TIP 568: Revise ByteArray Routines To Support Proper Value Extraction

Login
Author:         Don Porter <[email protected]>
State:          Final
Type:           Project
Vote:           Done
Created:        4-Mar-2020
Post-History:
Keywords:       bytearray
Tcl-Version:    9.0
Tcl-Branch:     dgp-properbytearray
Tcl-Branch:     tip-568
Vote-Summary:   Accepted 6/0/1
Votes-For:      DP, KK, JN, SL, AK, KW
Votes-Against:  none
Votes-Present:  FV

Abstract

This TIP proposes revision of the public routines Tcl_GetByteArrayFromObj and Tcl_SetByteArrayLength to signal an error when they are passed an objPtr that does not contain a valid byte sequence, starting with Tcl 9.0. It also proposes a new routine Tcl_GetBytesFromObj to provide robust bytearray use in Tcl 8.7.

Background

It is a convention of the Tcl C interface to have routines with names like Tcl_GetFooFromObj. Their purpose is to extract a value in the foo representation from a (Tcl_Obj *) argument. The caller should then be able to process the extracted foo value confident that it represents the original Tcl_Obj value. Each one of these routines is associated with one or more Tcl_ObjTypes such that multiple calls to Tcl_GetFooFromObj can benefit from internal representation caching.

These routines follow one of three patterns. The first,

int Tcl_GetFooFromObj(Tcl_Interp *, Tcl_Obj *, ..., foo *);

is used when the foo representation is of fixed size that is not too large. The int return allows for returning TCL_ERROR when no valid foo can be extracted. The Tcl_Interp is provided to receive standardized error messages and codes on failure. The final output argument is a pointer to space where the extracted foo value may be written. The value written is now in the possession of the caller, generated by the routine, possibly by making a copy of something stored in the Tcl_Obj. This pattern is followed in the cases where Foo is Boolean, Bignum, Double, Encoding, Index, Int, Long, or WideInt. (See also private routines where Foo is Channel, Number, CompletionCode, WideBits, or Namespace.)

The second pattern,

foo Tcl_GetFooFromObj(Tcl_Interp *, Tcl_Obj *, ...);

is used when the foo representation is a token that can take on the value NULL. In this case, a return of NULL by the routine signals the circumstance that no valid foo can be extracted. As in the first pattern, a Tcl_Interp is provided to receive standardized error messages and codes on failure. Documentation must be consulted to determine any constraints on the use of the returned token value by the caller. It is likely to rely on information stored within the internal structures of Tcl, which may need management with reference counting, memory preservation, and/or maintaining a claim on the original Tcl_Obj. This pattern is followed in the cases where Foo is RegExp or Command. (See also private routine where Foo is Lambda.)

The final pattern,

foo Tcl_GetFooFromObj(Tcl_Obj *, SIZE *);

is used when the returned foo is a pointer value pointing into an array stored within Tcl's own structures. It is implicit in the structure of the interface that it is presumed this extraction cannot fail. Thus there is no need to arrange for an interpreter to receive error messages or codes. The caller is instructed that the return value need not be checked for NULL. The final output argument is a pointer to space where the length of the foo array returned may be written. The length value written is of type SIZE which may be either int or Tcl_Size (see [481]). Documentation must be consulted to determine the conditions under which the caller may read, or even write to that array. This pattern is followed in the cases where Foo is String, Unicode, or ByteArray.

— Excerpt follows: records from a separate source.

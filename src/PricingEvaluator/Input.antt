-- ===== src/PricingEvaluator/Input.antt =====
-- pricing-evaluator.ts: what an evaluation is made from, and what it returns. The labels of the
-- factors, which only a reader sees, are left out.
use stock_pilot_be.Prelude.{ℕ, Bool, true, false, Option, none, some, List}
use stock_pilot_be.Prelude.Int.{ℤ}

pub data DemandTrend : Type 0 where
  strong_up up stable down strong_down new_demand_spike stable_zero : DemandTrend

pub data DecisionDataStatus : Type 0 where
  enough insufficient_data : DecisionDataStatus

pub data PricingAction : Type 0 where
  increase decrease maintain : PricingAction

-- The `code` of a factor.
pub data FactorCode : Type 0 where
  selling_at_loss below_minimum_margin no_history low_confidence : FactorCode
  dead_stock_critical dead_stock_warning overstock_risk : FactorCode
  trend_strong_down trend_down trend_up : FactorCode
  price_floor_guard high_demand_low_stock balanced_demand_stock : FactorCode

-- An optional field is `none` where the caller leaves it out.
pub record PricingEvaluationInput (W : Type 0) : Type 0 where
  pub selling_price : W
  pub cost_price : W
  pub minimum_margin_pct : W
  pub max_markdown_pct : W
  pub max_markup_pct : W
  pub days_since_last_sale : Option ℕ
  pub days_of_cover : Option W
  pub overstock_score : W
  pub stockout_score : W
  pub trend : DemandTrend
  pub confidence_score : W
  pub slow_moving_days : Option ℕ
  pub dead_stock_days : Option ℕ
  pub high_risk_threshold : Option W
  pub target_coverage_days : Option W
  pub data_status : Option DecisionDataStatus
  pub available_stock : Option ℤ

pub record PricingEvaluationResult (W : Type 0) : Type 0 where
  pub action : PricingAction
  pub current_price : W
  pub recommended_price : W
  pub discount_pct : W
  pub minimum_price : W
  pub expected_margin_pct : W
  pub confidence : W
  pub factors : List FactorCode
  pub should_generate_recommendation : Bool

-- The default of a field that is left out.
abbrev pub or_default : {A : Type 0} → A → Option A → A
or_default a none = a
or_default a (some b) = b

-- engine-defaults.ts
abbrev pub default_slow_moving_days : ℕ
default_slow_moving_days = 60

abbrev pub default_dead_stock_days : ℕ
default_dead_stock_days = 90

abbrev pub is_insufficient : DecisionDataStatus → Bool
is_insufficient enough = false
is_insufficient insufficient_data = true

abbrev pub is_rising : DemandTrend → Bool
is_rising strong_down = false
is_rising down = false
is_rising stable = false
is_rising new_demand_spike = false
is_rising stable_zero = false
is_rising up = true
is_rising strong_up = true
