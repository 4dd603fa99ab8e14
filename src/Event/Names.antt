-- ===== src/Event/Names.antt =====
-- The enumerations and their names: what survives a trip through text.
use duck_hunt.Prelude.{◌≡◌, refl, ◌⊎◌, text_eq, text_eq_iff, Text, codes, arith}
use duck_hunt.Event.{
  ValidationEventStatus, ValidationEventType, SeverityLevel, validation_event_status_to_string,
  validation_event_type_to_string, string_to_validation_event_status,
  string_to_validation_event_type, string_to_severity_level, severity_level_to_string,
  severity_string_to_level,
}

-- Each status is read back from its name.
pub string_to_validation_event_status-to_string :
    (s : ValidationEventStatus)
    → string_to_validation_event_status (validation_event_status_to_string s) ≡ s
unfolding string_to_validation_event_status validation_event_status_to_string text_eq
string_to_validation_event_status-to_string ValidationEventStatus.pass = refl
string_to_validation_event_status-to_string _ = refl

-- Each event type is read back from its name.
pub string_to_validation_event_type-to_string :
    (t : ValidationEventType)
    → string_to_validation_event_type (validation_event_type_to_string t) ≡ t
unfolding string_to_validation_event_type validation_event_type_to_string text_eq
string_to_validation_event_type-to_string ValidationEventType.test_result = refl
string_to_validation_event_type-to_string _ = refl

-- Both readers of a severity read each level back from its name.
pub string_to_severity_level-to_string :
    (l : SeverityLevel)
    → (string_to_severity_level (severity_level_to_string l) ≡ l)
      × (severity_string_to_level (severity_level_to_string l) ≡ l)
unfolding string_to_severity_level severity_string_to_level severity_level_to_string text_eq
string_to_severity_level-to_string SeverityLevel.debug = (refl, refl)
string_to_severity_level-to_string _ = (refl, refl)

-- The two readers of a severity agree on every text but "all", "trace" and "fatal".
pub severity_string_to_level-eq :
    (s : Text)
    → (severity_string_to_level s ≡ string_to_severity_level s)
      ⊎ ((s ≡ codes "all") ⊎ ((s ≡ codes "trace") ⊎ (s ≡ codes "fatal")))
unfolding string_to_severity_level severity_string_to_level
severity_string_to_level-eq s = ground (
  arith,
  text_eq_iff s (codes "all"),
  text_eq_iff s (codes "trace"),
  text_eq_iff s (codes "warn"),
  text_eq_iff s (codes "fatal"),
  text_eq_iff s (codes "debug"),
  text_eq_iff s (codes "info"),
  text_eq_iff s (codes "warning"),
  text_eq_iff s (codes "error"),
  text_eq_iff s (codes "critical"),
)
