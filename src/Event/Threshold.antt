-- ===== src/Event/Threshold.antt =====
-- The severity filter: which events pass a threshold.
use duck_hunt.Prelude.{◌≡◌, true, ◌≤◌, leb, Text, arith}
use duck_hunt.Event.{
  SeverityLevel, severity_level_to_int, severity_level_to_string, should_emit_event,
}
use duck_hunt.Event.Names.{string_to_severity_level-to_string}

-- A lower threshold lets through whatever a higher one does.
pub should_emit_event_antitone :
    (sev : Text) (low high : SeverityLevel)
    → severity_level_to_int low ≤ severity_level_to_int high
    → should_emit_event sev high ≡ true
    → should_emit_event sev low ≡ true
unfolding should_emit_event
should_emit_event_antitone sev low high h e = ground arith

-- An event whose severity is a level's own name passes exactly the thresholds up to that level.
pub should_emit_event-to_string :
    (l t : SeverityLevel)
    → should_emit_event (severity_level_to_string l) t
      ≡ leb (severity_level_to_int t) (severity_level_to_int l)
unfolding should_emit_event
should_emit_event-to_string l t = rw ((string_to_severity_level-to_string l).1)
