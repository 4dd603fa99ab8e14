-- ===== src/Extract/Sections.antt =====
-- A section, once extracted, is extracted again as it is.
use duck_hunt.Prelude.{
  ℕ, ◌≡◌, refl, sym, ◌∙◌, ap, ◌⊎◌, Bool, Bool-cases, Option-cases, inl, inr, true, false, ◌&&◌,
  none, some, [], ◌∷◌, Text, codes, drop, drop_while, starts_with, find_text, arith, subst,
}
use mathlib.Core.Option.{some-injective}
use duck_hunt.Parser.{ContentFamily, text, json, xml}
use duck_hunt.Extract.{
  is_space, is_line_end, opens_json, json_behind, opens_xml, xml_behind, section_or, scan_section,
  scan_json, extract_json_section, extract_xml_section, maybe_extract_content, json_section,
  xml_section,
}

find_text-tail : (p : Text) (c : ℕ) (s : Text) → find_text p (c ∷ s) ≡ none → find_text p s ≡ none
unfolding find_text
find_text-tail p c s h = ground (arith, h)

-- A text that a scan found: it opens as asked.
record Opened (opens : ℕ → Bool) (behind : Text → Bool) (t : Text) : Type 0 where
  first : ℕ
  later : Text
  shape : t ≡ first ∷ later
  opens_it : opens first ≡ true
  follows : behind later ≡ true

module _ (opens : ℕ → Bool) (behind : Text → Bool) where
  scan_section_here :
      (c : ℕ) (s t : Text)
      → (opens c && (true && behind s)) ≡ true
      → c ∷ s ≡ t
      → Opened opens behind t
  scan_section_here c s t h e = record {
    first = c;
    later = s;
    shape = sym e;
    opens_it = ground (arith, h);
    follows = ground (arith, h);
  }

  scan_section-Opened :
      (b : Bool) (s t : Text) → scan_section opens behind b s ≡ some t → Opened opens behind t
  unfolding scan_section
  scan_section-Opened b [] t h = absurd (ground (arith, h))
  scan_section-Opened b (c ∷ s) t h = elim (Bool-cases (opens c && (b && behind s))) [
    | inl e ↦ scan_section_here c s t (ground (arith, e)) (some-injective _ _ (rw e at h))
    | inr e ↦ scan_section-Opened (is_line_end c) s t (rw e at h)
  ]

  scan_section-found :
      (t : Text) → Opened opens behind t → scan_section opens behind true t ≡ some t
  unfolding scan_section
  scan_section-found t o = rw (o.shape, o.opens_it, o.follows) refl

  -- A text that stands nowhere in the whole stands nowhere in the section.
  find_text-scan_section :
      (p : Text) (b : Bool) (s t : Text)
      → find_text p s ≡ none
      → scan_section opens behind b s ≡ some t
      → find_text p t ≡ none
  unfolding scan_section
  find_text-scan_section p b [] t n h = absurd (ground (arith, h))
  find_text-scan_section p b (c ∷ s) t n h = elim (Bool-cases (opens c && (b && behind s))) [
    | inl e ↦ subst (λ u. find_text p u ≡ none) (some-injective _ _ (rw e at h)) n
    | inr e ↦ find_text-scan_section p (is_line_end c) s t (find_text-tail p c s n) (rw e at h)
  ]

find_text-drop : (p s : Text) (i : ℕ) → find_text p s ≡ some i → find_text p (drop i s) ≡ some 0
unfolding find_text
find_text-drop p [] i h = elim (Bool-cases (starts_with p [])) [
  | inl e ↦
      subst (λ j. find_text p (drop j []) ≡ some 0) (some-injective _ _ (rw e at h)) (rw e refl)
  | inr e ↦ absurd (ground (arith, rw e at h))
]
find_text-drop p (c ∷ s) i h = elim (Bool-cases (starts_with p (c ∷ s))) [
  | inl e ↦
      subst (λ j. find_text p (drop j (c ∷ s)) ≡ some 0) (some-injective _ _ (rw e at h))
        (rw e refl)
  | inr e ↦ elim (Option-cases (find_text p s)) [
    | inl n ↦ absurd (ground (arith, rw (e, n) at h))
    | inr found ↦
        subst (λ j. find_text p (drop j (c ∷ s)) ≡ some 0)
          (some-injective _ _ (rw (e, found.1) at h)) (find_text-drop p s found.0 found.1)
  ]
]

section_or-cases :
    (opens : ℕ → Bool) (behind : Text → Bool) (content : Text)
    → (section_or content (scan_section opens behind true content) ≡ content)
      ⊎ Opened opens behind (section_or content (scan_section opens behind true content))
section_or-cases opens behind content =
    elim (Option-cases (scan_section opens behind true content)) [
      | inl n ↦ inl (rw n refl)
      | inr found ↦ inr (rw found.1 (scan_section-Opened opens behind true content found.0 found.1))
    ]

json_section-cases :
    (content d : Text)
    → (json_section content d ≡ content) ⊎ Opened opens_json json_behind (json_section content d)
unfolding json_section scan_json
json_section-cases content [] = inl refl
json_section-cases content (c ∷ d) = elim (Bool-cases (opens_json c)) [
  | inl e ↦ inl (rw e refl)
  | inr e ↦ rw e (section_or-cases opens_json json_behind content)
]

-- An extraction of JSON leaves the text as it is, or gives a text that opens JSON.
extract_json_section-cases :
    (content : Text)
    → (extract_json_section content ≡ content)
      ⊎ Opened opens_json json_behind (extract_json_section content)
unfolding extract_json_section
extract_json_section-cases content = json_section-cases content (drop_while is_space content)

opens_json-is_space : (c : ℕ) → opens_json c ≡ true → is_space c ≡ false
opens_json-is_space c h = ground (arith, h)

drop_while_here : (p : ℕ → Bool) (c : ℕ) (s : Text) → p c ≡ false → drop_while p (c ∷ s) ≡ c ∷ s
unfolding drop_while
drop_while_here p c s h = rw h refl

json_section_here :
    (content : Text) (c : ℕ) (s : Text)
    → opens_json c ≡ true
    → json_section content (c ∷ s) ≡ content
unfolding json_section
json_section_here content c s h = rw h refl

extract_json_section_here :
    (c : ℕ) (s : Text) → opens_json c ≡ true → extract_json_section (c ∷ s) ≡ c ∷ s
unfolding extract_json_section
extract_json_section_here c s h =
    ap (json_section (c ∷ s)) (drop_while_here is_space c s (opens_json-is_space c h))
    ∙ json_section_here (c ∷ s) c s h

extract_json_section-Opened :
    (t : Text) → Opened opens_json json_behind t → extract_json_section t ≡ t
extract_json_section-Opened t o = rw o.shape (extract_json_section_here o.first o.later o.opens_it)

extract_json_section_idempotent :
    (content : Text)
    → extract_json_section (extract_json_section content) ≡ extract_json_section content
extract_json_section_idempotent content = elim (extract_json_section-cases content) [
  | inl e ↦ ap extract_json_section e
  | inr o ↦ extract_json_section-Opened _ o
]

extract_xml_section_declared :
    (s : Text) (i : ℕ) → find_text (codes "<?xml") s ≡ some i → extract_xml_section s ≡ drop i s
unfolding extract_xml_section xml_section
extract_xml_section_declared s i h = ap (xml_section s) h

extract_xml_section_scanned :
    (s : Text)
    → find_text (codes "<?xml") s ≡ none
    → extract_xml_section s ≡ section_or s (scan_section opens_xml xml_behind true s)
unfolding extract_xml_section xml_section
extract_xml_section_scanned s h = ap (xml_section s) h

scanned_again :
    (s : Text)
    → find_text (codes "<?xml") s ≡ none
    → extract_xml_section (section_or s (scan_section opens_xml xml_behind true s))
      ≡ section_or s (scan_section opens_xml xml_behind true s)
scanned_again s n = elim (Option-cases (scan_section opens_xml xml_behind true s)) [
  | inl m ↦ rw m (extract_xml_section_scanned s n ∙ (rw m refl))
  | inr found ↦ rw found.1 (
      extract_xml_section_scanned found.0
        (find_text-scan_section opens_xml xml_behind (codes "<?xml") true s found.0 n found.1)
      ∙ (rw
          (scan_section-found opens_xml xml_behind found.0
            (scan_section-Opened opens_xml xml_behind true s found.0 found.1))
          refl))
]

extract_xml_section_idempotent :
    (content : Text)
    → extract_xml_section (extract_xml_section content) ≡ extract_xml_section content
extract_xml_section_idempotent content = elim (Option-cases (find_text (codes "<?xml") content)) [
  | inl n ↦ rw (extract_xml_section_scanned content n) (scanned_again content n)
  | inr found ↦ rw (extract_xml_section_declared content found.0 found.1) (
      extract_xml_section_declared (drop found.0 content) 0
        (find_text-drop (codes "<?xml") content found.0 found.1))
]

-- For every family, the section of a section is the section itself.
pub maybe_extract_content_idempotent :
    (content : Text) (family : ContentFamily)
    → maybe_extract_content (maybe_extract_content content family) family
      ≡ maybe_extract_content content family
unfolding maybe_extract_content
maybe_extract_content_idempotent content json = extract_json_section_idempotent content
maybe_extract_content_idempotent content xml = extract_xml_section_idempotent content
maybe_extract_content_idempotent content text = refl
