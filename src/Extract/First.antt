-- ===== src/Extract/First.antt =====
-- Which part of a log `MaybeExtractContent` of src/core/content_extraction_helpers.cpp gives: the
-- scan's result by positions.
use duck_hunt.Prelude.{
  ℕ, zero, suc, ◌<◌, ◌≡◌, refl, ap, ◌∙◌, sym, subst, ◌⊎◌, Bool, Bool-cases, inl, inr, true, false,
  ◌&&◌, Option, none, some, [], ◌∷◌, Text, codes, take, drop, drop_while, find_text, arith,
  if◌then◌else◌,
}
use duck_hunt.Parser.{ContentFamily, text, json, xml}
use duck_hunt.Extract.{
  is_space, is_line_end, opens_json, json_behind, opens_xml, xml_behind, section_or, scan_section,
  extract_json_section, extract_xml_section, maybe_extract_content, json_section, xml_section,
  scan_json,
}
use duck_hunt.Extract.Sections.{maybe_extract_content_idempotent}

-- Whether the last byte ends a line; `initial` for no bytes.
abbrev pub ends_line : Bool → Text → Bool
ends_line initial [] = initial
ends_line initial (c ∷ s) = ends_line (is_line_end c) s

module _ (opens : ℕ → Bool) (behind : Text → Bool) where
  abbrev pub opens_text : Text → Bool
  opens_text [] = false
  opens_text (c ∷ s) = opens c && behind s

  -- A section may begin at the position: a line begins there, and the text from there on opens one.
  abbrev pub begins : Bool → Text → ℕ → Bool
  begins initial s i = ends_line initial (take i s) && opens_text (drop i s)

  -- No position serves, or the section is the text from the first one that does.
  abbrev pub Scanned : Bool → Text → Option Text → Type 0
  Scanned initial s none = (i : ℕ) → begins initial s i ≡ false
  Scanned initial s (some t) =
      (n : ℕ) × (t ≡ drop n s)
      × (begins initial s n ≡ true)
      × ((i : ℕ) → i < n → begins initial s i ≡ false)

  begins_nil : (initial : Bool) (i : ℕ) → begins initial [] i ≡ false
  begins_nil true zero = refl
  begins_nil false zero = refl
  begins_nil true (suc i) = refl
  begins_nil false (suc i) = refl

  begins_zero :
      (initial : Bool) (c : ℕ) (s : Text)
      → (opens c && (initial && behind s)) ≡ begins initial (c ∷ s) 0
  begins_zero initial c s = ground arith

  -- The positions behind one that does not serve.
  Scanned-later :
      (initial : Bool) (c : ℕ) (s : Text) (found : Option Text)
      → begins initial (c ∷ s) 0 ≡ false
      → Scanned (is_line_end c) s found
      → Scanned initial (c ∷ s) found
  Scanned-later initial c s none h k = none_later
    where
      none_later : (i : ℕ) → begins initial (c ∷ s) i ≡ false
      none_later zero = h
      none_later (suc i) = k i
  Scanned-later initial c s (some t) h (n, e, b, first) = (suc n, e, b, before)
    where
      before : (i : ℕ) → i < suc n → begins initial (c ∷ s) i ≡ false
      before zero l = h
      before (suc i) l = first i (omega (arith, l))

  scan_section-Scanned :
      (initial : Bool) (s : Text) → Scanned initial s (scan_section opens behind initial s)
  unfolding scan_section
  scan_section-Scanned initial [] = begins_nil initial
  scan_section-Scanned initial (c ∷ s) = elim (Bool-cases (opens c && (initial && behind s))) [
    | inl t ↦
        subst (Scanned initial (c ∷ s))
          (sym (
            ap
              (λ (b : Bool).
                if b then some (c ∷ s) else scan_section opens behind (is_line_end c) s)
              t))
          (0, refl, sym (begins_zero initial c s) ∙ t, λ i l. absurd (omega (arith, l)))
    | inr t ↦
        subst (Scanned initial (c ∷ s))
          (sym (
            ap
              (λ (b : Bool).
                if b then some (c ∷ s) else scan_section opens behind (is_line_end c) s)
              t))
          (Scanned-later initial c s _ (sym (begins_zero initial c s) ∙ t)
            (scan_section-Scanned (is_line_end c) s))
  ]

  -- The section of a text: the text from the first position where one may begin, or all of it.
  abbrev pub IsSection : Text → Text → Type 0
  IsSection content section =
      ((n : ℕ) × (section ≡ drop n content)
        × (begins true content n ≡ true)
        × ((i : ℕ) → i < n → begins true content i ≡ false))
      ⊎ ((section ≡ content) × ((i : ℕ) → begins true content i ≡ false))

  section_or-IsSection :
      (content : Text) (found : Option Text)
      → Scanned true content found
      → IsSection content (section_or content found)
  section_or-IsSection content none h = inr (refl, h)
  section_or-IsSection content (some t) h = inl h

-- Nothing but space, or JSON behind it.
abbrev pub is_json_already : Text → Bool
is_json_already [] = true
is_json_already (c ∷ s) = opens_json c

-- What each family takes for the section of a content.
abbrev pub SectionOf : ContentFamily → Text → Text → Type 0
SectionOf text content section = section ≡ content
SectionOf json content section =
    ((is_json_already (drop_while is_space content) ≡ true) × (section ≡ content))
    ⊎ ((is_json_already (drop_while is_space content) ≡ false)
        × IsSection opens_json json_behind content section)
SectionOf xml content section =
    ((i : ℕ) × (find_text (codes "<?xml") content ≡ some i) × (section ≡ drop i content))
    ⊎ ((find_text (codes "<?xml") content ≡ none) × IsSection opens_xml xml_behind content section)

scan_json-IsSection :
    (content : Text) → IsSection opens_json json_behind content (scan_json content)
unfolding scan_json
scan_json-IsSection content =
    section_or-IsSection opens_json json_behind content _
      (scan_section-Scanned opens_json json_behind true content)

json_section-SectionOf :
    (content behind_space : Text)
    → ((is_json_already behind_space ≡ true) × (json_section content behind_space ≡ content))
      ⊎ ((is_json_already behind_space ≡ false)
          × IsSection opens_json json_behind content (json_section content behind_space))
unfolding json_section
json_section-SectionOf content [] = inl (refl, refl)
json_section-SectionOf content (c ∷ s) = elim (Bool-cases (opens_json c)) [
  | inl t ↦ inl (t, ap (λ (b : Bool). if b then content else scan_json content) t)
  | inr t ↦ inr (
    t,
    subst (IsSection opens_json json_behind content)
        (sym (ap (λ (b : Bool). if b then content else scan_json content) t))
        (scan_json-IsSection content),
  )
]

xml_section-SectionOf :
    (content : Text) (found : Option ℕ)
    → ((i : ℕ) × (found ≡ some i) × (xml_section content found ≡ drop i content))
      ⊎ ((found ≡ none) × IsSection opens_xml xml_behind content (xml_section content found))
unfolding xml_section
xml_section-SectionOf content (some i) = inl (i, refl, refl)
xml_section-SectionOf content none = inr (
  refl,
  section_or-IsSection opens_xml xml_behind content _
      (scan_section-Scanned opens_xml xml_behind true content),
)

maybe_extract_content-section :
    (content : Text) (family : ContentFamily)
    → SectionOf family content (maybe_extract_content content family)
unfolding maybe_extract_content extract_json_section extract_xml_section
maybe_extract_content-section content text = refl
maybe_extract_content-section content json =
    json_section-SectionOf content (drop_while is_space content)
maybe_extract_content-section content xml =
    xml_section-SectionOf content (find_text (codes "<?xml") content)

-- `MaybeExtractContent` leaves a content of the text family as it is. For JSON it leaves a content
-- that is blank, or has a bracket first behind its spaces, as it is; any other is cut to begin at the
-- first position where a line begins and a bracket stands that ends the text or that a fitting byte
-- follows, and stays whole where there is no such position. For XML the content is cut to begin at
-- its first declaration; without one, at the first position where a line begins and an angle bracket
-- stands with a letter behind it, and it stays whole where there is none. What was extracted is
-- extracted again as it is.
pub maybe_extract_content-SectionOf :
    (content : Text) (family : ContentFamily)
    → SectionOf family content (maybe_extract_content content family)
      × (maybe_extract_content (maybe_extract_content content family) family
          ≡ maybe_extract_content content family)
maybe_extract_content-SectionOf content family =
    (maybe_extract_content-section content family, maybe_extract_content_idempotent content family)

Again it must be understood that all of these routines have value only so far as they provide a foo value that the caller can use in the place of operating directly on the Tcl_Obj. Experience has proven that the existing specification of the routine Tcl_GetByteArrayFromObj fails that test.

History and Rationale

In Tcl 8.0, every Tcl string value was equivalent to an arbitrary sequence of bytes. Starting with release 8.1, the storage and transmission of Tcl string values were revised to use a Modified UTF-8 encoding so that a larger number of international character sets could be supported. This created two important facts pertaining to arbitrary binary data: (1) For reliable binary transfer, we could no longer simply write arbitrary bytes to a string representation; (2) General Tcl strings may contain characters with codepoints outside the byte range (U+0000 - U+00FF).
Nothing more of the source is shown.